Predator engines? thanks but no thanks.


----------



## michigansnowbird (Nov 27, 2014)

Yeah it runs well and doesn't make a huge blue cloud anymore. I mainly wanted to tell everyone how it all worked in the end to help out the next guy who runs into the repair vs replace situation.


----------



## nt40lanman (Dec 31, 2012)

The repair/replace is definitely changed by how much you are willing to do yourself. It came out nice but like you said, in a purely budgetary view maybe the thing was get it done as cheap as possible and buy/lap valves yourself. And you'd learn even more.


----------



## Spectrum (Jan 6, 2013)

It's not my ball of wax but admittedly Predator parts are available now. However IMO there is such market fragmentation today that the likelihood of support going on for decades is unlikely, again my opinionated forecast.
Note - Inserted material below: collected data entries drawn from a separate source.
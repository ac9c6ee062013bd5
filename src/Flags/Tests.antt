-- ===== src/Flags/Tests.antt =====
-- Flags at concrete inputs.
use crypt_mail.Prelude.{true, Option, some, List, [], ◌∷◌, Text, codes}
use crypt_mail.Mail.{MailSummary, FlagPatch, no_change}
use crypt_mail.Samples.{mail}

abbrev inbox_labels : Option (List Text)
inbox_labels = some (codes "INBOX" ∷ codes "work" ∷ [])

abbrev inbox : List MailSummary
inbox = mail (codes "a") (codes "one") ∷ mail (codes "b") (codes "two") ∷ []

abbrev starring : FlagPatch
starring = record no_change { starred = some true }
What I can say is that for me there is far more pride and joy in getting an older engine into good shape than bolting in a clone.





GustoGuy said:


> Except that you can get readily get parts for the engine. So it is not a throw away engine. Here is a link to stock parts.
> 
> Stock OEM Engine Parts - Predator 212cc - ARC Racing
> 
> ...


----------



## nt40lanman (Dec 31, 2012)

Spectrum said:


> What I can say is that for me there is far more pride and joy in getting an older engine into good shape than bolting in a clone.


We have a WINNER!!!!!


----------



## michigansnowbird (Nov 27, 2014)

Yeah I do get more satisfaction from breathing new life into an old engine than I would from slapping on a new store-bought motor


----------